━━━ Extracted material
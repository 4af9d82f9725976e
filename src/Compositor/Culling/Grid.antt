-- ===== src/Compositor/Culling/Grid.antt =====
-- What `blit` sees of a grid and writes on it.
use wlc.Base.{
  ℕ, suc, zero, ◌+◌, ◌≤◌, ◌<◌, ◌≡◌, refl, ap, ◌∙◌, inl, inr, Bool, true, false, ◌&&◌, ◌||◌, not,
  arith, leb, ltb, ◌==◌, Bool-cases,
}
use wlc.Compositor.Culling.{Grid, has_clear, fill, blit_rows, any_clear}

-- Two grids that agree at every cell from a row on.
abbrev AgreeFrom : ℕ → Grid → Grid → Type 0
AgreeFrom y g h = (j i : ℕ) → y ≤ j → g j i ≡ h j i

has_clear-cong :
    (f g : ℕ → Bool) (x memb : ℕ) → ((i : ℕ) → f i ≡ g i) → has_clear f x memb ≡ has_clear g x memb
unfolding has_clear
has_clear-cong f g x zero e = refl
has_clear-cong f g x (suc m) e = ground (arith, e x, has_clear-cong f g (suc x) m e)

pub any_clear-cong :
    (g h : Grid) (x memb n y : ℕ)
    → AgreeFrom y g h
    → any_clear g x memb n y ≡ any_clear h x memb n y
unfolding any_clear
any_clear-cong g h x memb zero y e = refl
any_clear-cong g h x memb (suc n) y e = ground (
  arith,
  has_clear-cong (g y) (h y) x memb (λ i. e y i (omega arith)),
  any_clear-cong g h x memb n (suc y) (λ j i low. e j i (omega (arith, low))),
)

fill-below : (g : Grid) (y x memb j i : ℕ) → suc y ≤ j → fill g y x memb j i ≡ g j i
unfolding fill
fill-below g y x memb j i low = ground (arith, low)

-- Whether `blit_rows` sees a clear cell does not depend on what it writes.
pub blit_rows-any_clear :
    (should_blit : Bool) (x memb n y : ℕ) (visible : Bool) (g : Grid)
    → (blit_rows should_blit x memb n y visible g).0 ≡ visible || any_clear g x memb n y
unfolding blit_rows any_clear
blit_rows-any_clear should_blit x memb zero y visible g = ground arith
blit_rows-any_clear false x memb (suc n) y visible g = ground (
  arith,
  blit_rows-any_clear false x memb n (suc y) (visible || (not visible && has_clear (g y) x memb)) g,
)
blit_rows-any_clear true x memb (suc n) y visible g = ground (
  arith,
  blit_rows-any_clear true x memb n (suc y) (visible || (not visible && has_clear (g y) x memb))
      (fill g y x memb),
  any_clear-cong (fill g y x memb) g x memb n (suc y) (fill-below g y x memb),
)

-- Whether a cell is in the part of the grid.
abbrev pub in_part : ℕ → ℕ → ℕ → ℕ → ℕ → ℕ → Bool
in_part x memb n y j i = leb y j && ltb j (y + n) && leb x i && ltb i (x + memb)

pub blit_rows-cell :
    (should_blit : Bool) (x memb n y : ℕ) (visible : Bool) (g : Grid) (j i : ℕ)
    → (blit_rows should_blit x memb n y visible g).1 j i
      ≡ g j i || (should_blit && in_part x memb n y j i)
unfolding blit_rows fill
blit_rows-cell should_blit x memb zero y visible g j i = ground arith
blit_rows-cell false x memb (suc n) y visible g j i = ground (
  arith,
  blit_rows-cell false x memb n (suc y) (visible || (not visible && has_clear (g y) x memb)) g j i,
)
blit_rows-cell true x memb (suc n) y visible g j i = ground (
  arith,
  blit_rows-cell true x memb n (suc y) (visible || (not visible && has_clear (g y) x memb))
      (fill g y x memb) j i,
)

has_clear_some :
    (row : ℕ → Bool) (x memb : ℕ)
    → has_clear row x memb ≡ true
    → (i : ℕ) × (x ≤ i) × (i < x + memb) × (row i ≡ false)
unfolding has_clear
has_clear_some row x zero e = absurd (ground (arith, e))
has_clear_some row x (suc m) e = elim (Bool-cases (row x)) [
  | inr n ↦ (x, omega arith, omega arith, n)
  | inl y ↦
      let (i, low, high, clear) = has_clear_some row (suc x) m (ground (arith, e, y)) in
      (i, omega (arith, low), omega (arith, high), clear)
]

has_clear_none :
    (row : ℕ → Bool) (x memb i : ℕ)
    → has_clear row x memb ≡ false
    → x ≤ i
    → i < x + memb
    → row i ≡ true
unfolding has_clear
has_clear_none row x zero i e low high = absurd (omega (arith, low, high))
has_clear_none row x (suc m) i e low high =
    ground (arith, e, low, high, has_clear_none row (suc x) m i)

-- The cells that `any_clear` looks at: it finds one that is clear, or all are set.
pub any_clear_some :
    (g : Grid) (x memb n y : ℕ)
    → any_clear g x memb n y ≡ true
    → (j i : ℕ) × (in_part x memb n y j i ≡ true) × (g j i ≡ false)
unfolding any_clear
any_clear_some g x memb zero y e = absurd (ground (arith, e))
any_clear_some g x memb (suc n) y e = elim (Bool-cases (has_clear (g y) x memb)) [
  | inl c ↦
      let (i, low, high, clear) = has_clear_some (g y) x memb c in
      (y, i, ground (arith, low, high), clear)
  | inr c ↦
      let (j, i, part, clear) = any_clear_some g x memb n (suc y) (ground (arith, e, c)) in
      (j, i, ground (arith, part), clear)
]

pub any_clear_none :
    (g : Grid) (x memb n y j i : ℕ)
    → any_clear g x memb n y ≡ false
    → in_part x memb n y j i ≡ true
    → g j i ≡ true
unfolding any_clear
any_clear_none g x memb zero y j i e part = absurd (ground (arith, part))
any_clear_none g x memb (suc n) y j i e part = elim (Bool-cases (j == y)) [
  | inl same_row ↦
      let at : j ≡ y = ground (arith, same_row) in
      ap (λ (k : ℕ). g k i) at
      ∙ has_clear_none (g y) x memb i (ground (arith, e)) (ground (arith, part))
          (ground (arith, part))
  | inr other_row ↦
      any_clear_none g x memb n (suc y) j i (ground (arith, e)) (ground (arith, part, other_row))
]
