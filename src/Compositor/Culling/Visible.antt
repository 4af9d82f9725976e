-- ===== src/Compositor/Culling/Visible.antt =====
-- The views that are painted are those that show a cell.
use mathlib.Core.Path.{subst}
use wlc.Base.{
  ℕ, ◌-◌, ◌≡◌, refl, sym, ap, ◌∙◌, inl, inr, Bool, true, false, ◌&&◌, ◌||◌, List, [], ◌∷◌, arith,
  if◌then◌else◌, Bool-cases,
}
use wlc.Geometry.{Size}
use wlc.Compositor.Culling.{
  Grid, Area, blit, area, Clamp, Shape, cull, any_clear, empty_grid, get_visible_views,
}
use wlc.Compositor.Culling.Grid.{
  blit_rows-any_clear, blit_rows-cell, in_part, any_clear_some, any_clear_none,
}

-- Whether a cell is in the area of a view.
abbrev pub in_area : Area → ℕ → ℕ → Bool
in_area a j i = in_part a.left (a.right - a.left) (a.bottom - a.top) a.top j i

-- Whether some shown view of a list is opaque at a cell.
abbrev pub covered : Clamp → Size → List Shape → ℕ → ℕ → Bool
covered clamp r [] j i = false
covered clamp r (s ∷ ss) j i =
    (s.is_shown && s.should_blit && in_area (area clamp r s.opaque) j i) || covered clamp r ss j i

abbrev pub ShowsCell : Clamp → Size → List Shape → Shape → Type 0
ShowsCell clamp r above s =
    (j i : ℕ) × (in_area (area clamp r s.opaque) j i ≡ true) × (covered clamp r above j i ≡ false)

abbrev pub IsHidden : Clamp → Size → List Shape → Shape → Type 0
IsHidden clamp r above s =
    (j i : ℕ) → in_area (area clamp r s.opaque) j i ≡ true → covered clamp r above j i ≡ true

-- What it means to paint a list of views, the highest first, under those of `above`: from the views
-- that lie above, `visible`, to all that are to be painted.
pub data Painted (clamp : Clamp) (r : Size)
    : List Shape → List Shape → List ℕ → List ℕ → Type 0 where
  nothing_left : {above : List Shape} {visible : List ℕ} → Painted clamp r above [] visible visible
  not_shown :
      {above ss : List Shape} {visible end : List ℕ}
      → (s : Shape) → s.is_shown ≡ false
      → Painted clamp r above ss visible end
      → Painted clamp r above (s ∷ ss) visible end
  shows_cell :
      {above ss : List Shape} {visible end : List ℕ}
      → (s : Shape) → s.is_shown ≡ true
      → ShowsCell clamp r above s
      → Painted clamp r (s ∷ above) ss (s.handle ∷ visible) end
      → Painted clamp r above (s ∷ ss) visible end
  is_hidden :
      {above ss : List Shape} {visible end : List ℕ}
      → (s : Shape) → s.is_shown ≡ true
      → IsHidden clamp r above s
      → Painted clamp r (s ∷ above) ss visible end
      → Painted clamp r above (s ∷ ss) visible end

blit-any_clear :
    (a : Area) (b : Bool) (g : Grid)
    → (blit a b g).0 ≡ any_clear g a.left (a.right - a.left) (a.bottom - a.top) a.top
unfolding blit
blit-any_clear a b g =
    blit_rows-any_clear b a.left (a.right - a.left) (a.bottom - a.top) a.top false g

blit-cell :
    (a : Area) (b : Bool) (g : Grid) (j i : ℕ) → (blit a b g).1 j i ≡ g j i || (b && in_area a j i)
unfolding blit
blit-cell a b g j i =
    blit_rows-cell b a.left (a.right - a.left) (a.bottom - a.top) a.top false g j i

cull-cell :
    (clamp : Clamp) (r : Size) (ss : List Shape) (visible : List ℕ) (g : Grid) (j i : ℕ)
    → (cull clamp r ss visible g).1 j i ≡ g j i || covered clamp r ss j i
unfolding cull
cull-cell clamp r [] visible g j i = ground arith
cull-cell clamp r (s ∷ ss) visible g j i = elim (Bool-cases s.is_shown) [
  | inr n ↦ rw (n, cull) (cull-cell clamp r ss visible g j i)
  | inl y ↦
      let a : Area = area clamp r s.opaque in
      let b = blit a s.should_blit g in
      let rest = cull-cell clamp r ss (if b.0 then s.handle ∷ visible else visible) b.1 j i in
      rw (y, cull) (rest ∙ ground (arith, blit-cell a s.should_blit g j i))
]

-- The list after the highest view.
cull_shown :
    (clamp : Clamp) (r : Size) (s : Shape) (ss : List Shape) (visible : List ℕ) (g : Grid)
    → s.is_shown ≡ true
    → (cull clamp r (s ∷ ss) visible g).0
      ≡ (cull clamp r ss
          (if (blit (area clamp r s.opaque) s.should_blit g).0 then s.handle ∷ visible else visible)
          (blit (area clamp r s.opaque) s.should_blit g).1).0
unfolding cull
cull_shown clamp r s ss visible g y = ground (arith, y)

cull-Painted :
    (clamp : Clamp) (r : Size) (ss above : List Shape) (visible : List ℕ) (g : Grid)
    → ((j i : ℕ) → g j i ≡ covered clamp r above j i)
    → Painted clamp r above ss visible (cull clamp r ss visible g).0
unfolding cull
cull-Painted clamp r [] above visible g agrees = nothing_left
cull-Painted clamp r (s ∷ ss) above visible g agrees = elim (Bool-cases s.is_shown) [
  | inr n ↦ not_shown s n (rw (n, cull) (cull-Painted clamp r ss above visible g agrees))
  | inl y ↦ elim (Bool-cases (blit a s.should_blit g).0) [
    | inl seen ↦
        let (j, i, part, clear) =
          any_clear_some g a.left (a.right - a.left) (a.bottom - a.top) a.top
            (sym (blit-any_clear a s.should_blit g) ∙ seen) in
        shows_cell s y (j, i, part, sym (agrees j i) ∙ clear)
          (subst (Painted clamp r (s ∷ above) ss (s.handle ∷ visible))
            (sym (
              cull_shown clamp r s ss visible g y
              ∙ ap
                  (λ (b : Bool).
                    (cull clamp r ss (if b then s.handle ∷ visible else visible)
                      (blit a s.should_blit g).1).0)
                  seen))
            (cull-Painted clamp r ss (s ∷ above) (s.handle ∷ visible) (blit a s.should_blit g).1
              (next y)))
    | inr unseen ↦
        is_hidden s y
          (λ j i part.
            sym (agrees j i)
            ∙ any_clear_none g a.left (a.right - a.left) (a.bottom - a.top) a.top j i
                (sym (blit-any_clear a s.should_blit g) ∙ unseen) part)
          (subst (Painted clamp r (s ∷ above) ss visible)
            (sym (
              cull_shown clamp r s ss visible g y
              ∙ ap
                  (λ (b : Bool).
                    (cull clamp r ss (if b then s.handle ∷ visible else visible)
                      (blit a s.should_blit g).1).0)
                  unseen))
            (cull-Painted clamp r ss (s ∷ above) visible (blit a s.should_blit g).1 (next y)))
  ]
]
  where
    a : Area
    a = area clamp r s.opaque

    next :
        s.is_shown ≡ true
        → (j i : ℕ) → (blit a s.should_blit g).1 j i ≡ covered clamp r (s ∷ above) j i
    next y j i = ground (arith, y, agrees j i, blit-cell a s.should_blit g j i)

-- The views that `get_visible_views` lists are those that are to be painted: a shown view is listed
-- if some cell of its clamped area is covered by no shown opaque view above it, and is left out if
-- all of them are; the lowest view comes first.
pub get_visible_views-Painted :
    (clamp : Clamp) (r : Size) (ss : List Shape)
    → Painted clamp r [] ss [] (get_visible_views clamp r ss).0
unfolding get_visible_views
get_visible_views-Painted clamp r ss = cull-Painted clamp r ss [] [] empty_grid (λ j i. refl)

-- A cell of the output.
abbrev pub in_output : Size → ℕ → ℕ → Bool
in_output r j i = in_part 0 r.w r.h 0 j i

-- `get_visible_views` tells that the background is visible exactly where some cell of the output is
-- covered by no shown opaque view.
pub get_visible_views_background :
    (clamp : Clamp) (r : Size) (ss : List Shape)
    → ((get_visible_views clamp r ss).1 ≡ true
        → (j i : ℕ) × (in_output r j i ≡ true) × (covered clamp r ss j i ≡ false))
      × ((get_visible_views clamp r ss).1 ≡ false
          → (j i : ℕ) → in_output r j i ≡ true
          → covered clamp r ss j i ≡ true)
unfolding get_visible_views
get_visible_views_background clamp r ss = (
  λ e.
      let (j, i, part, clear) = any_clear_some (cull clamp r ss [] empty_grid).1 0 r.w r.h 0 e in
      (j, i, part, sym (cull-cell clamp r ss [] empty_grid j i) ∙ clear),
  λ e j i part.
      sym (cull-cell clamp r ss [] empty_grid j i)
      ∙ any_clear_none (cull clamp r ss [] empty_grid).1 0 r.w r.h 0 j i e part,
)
━━━━━━
— Assignment —
Print again the lines of the entries above that fall between the line holding "r above j i)" and the line holding "any_clear_some g a.left", inclusive, exactly as they stand.

— Result —
    → ((j i : ℕ) → g j i ≡ covered clamp r above j i)
    → Painted clamp r above ss visible (cull clamp r ss visible g).0
unfolding cull
cull-Painted clamp r [] above visible g agrees = nothing_left
cull-Painted clamp r (s ∷ ss) above visible g agrees = elim (Bool-cases s.is_shown) [
  | inr n ↦ not_shown s n (rw (n, cull) (cull-Painted clamp r ss above visible g agrees))
  | inl y ↦ elim (Bool-cases (blit a s.should_blit g).0) [
    | inl seen ↦
        let (j, i, part, clear) =
          any_clear_some g a.left (a.right - a.left) (a.bottom - a.top) a.top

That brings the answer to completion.